Os italianos devem retornar à Itália! Essa era uma das exigências de uma proposta de mudança constitucional lançada há 50 anos. Desde então, 42 plebiscitos já foram realizados sobre a questão dos estrangeiros. Por que o medo sempre retorna?

Essa data, 7 de junho de 1970, entrou para a história da Suíça: foi quando o destino dos “trabalhadores estrangeiros”, em grande parte italianos, se decidiu nas urnas.

No plebiscito, metade dos eleitores do país votaram a favor da proposta de limitar a proporção de italianos a 10% da população. O resultado mostra duas coisas: por um lado, que havia uma xenofobia generalizada e, por outro, como o país estava dividido.

Maior índice de participação
A mobilização foi enorme.

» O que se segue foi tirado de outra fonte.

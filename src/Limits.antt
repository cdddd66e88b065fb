-- ===== src/Limits.antt =====
-- `limits_get_state` of grbl/limits.c and `get_limit_pin_mask` of grbl/settings.c, with the pins of
-- grbl/cpu_map.h for VARIABLE_SPINDLE. INVERT_LIMIT_PIN_MASK is not defined. The argument `input` is
-- the register LIMIT_PIN.
use tele_handwriter.Base.{ℕ, zero, suc, ◌^◌, ◌==◌, if◌then◌else◌, bit_and, bit_or, bit_xor}
use tele_handwriter.Base.Bits.{bit_istrue, bit_isfalse}
use tele_handwriter.Settings.Global.{bitflag_invert_limit_pins, n_axis}

-- (1<<X_LIMIT_BIT)|(1<<Y_LIMIT_BIT)|(1<<Z_LIMIT_BIT)
abbrev pub limit_mask : ℕ
limit_mask = 0x16

pub get_limit_pin_mask : ℕ → ℕ
get_limit_pin_mask axis_idx =
    if axis_idx == 0 then 2 ^ 1 else if axis_idx == 1 then 2 ^ 2 else 2 ^ 4

-- The axes of the loop in lines 78 to 81, the first `n`.
pub triggered : ℕ → ℕ → ℕ
triggered zero pin = 0
triggered (suc n) pin =
    let before = triggered n pin in
    if bit_istrue pin (get_limit_pin_mask n) then bit_or before (2 ^ n) else before

pub limits_get_state : ℕ → ℕ → ℕ
limits_get_state settings_flags input =
    let masked = bit_and input limit_mask in
    let pin =
      if bit_isfalse settings_flags bitflag_invert_limit_pins
      then bit_xor masked limit_mask
      else masked in
    if pin == 0 then 0 else triggered n_axis pin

A taxa de participação eleitoral foi de quase 75%, um dos maiores índices de participação até hoje.

A chamada “Iniciativa Contra a Infiltração Estrangeira”, a proposta de mudança constitucional, também era chamada de “Iniciativa Schwarzenbach” em homenagem ao seu idealizador. Originário de uma família de empresários e primo da famosa escritora Annemarie Schwarzenbach, James Schwarzenbach cresceu politicamente nas décadas de 1930 e 1940 como admirador de Mussolini e nas proximidades da Frente Nacional, a versão suíça do movimento nazista.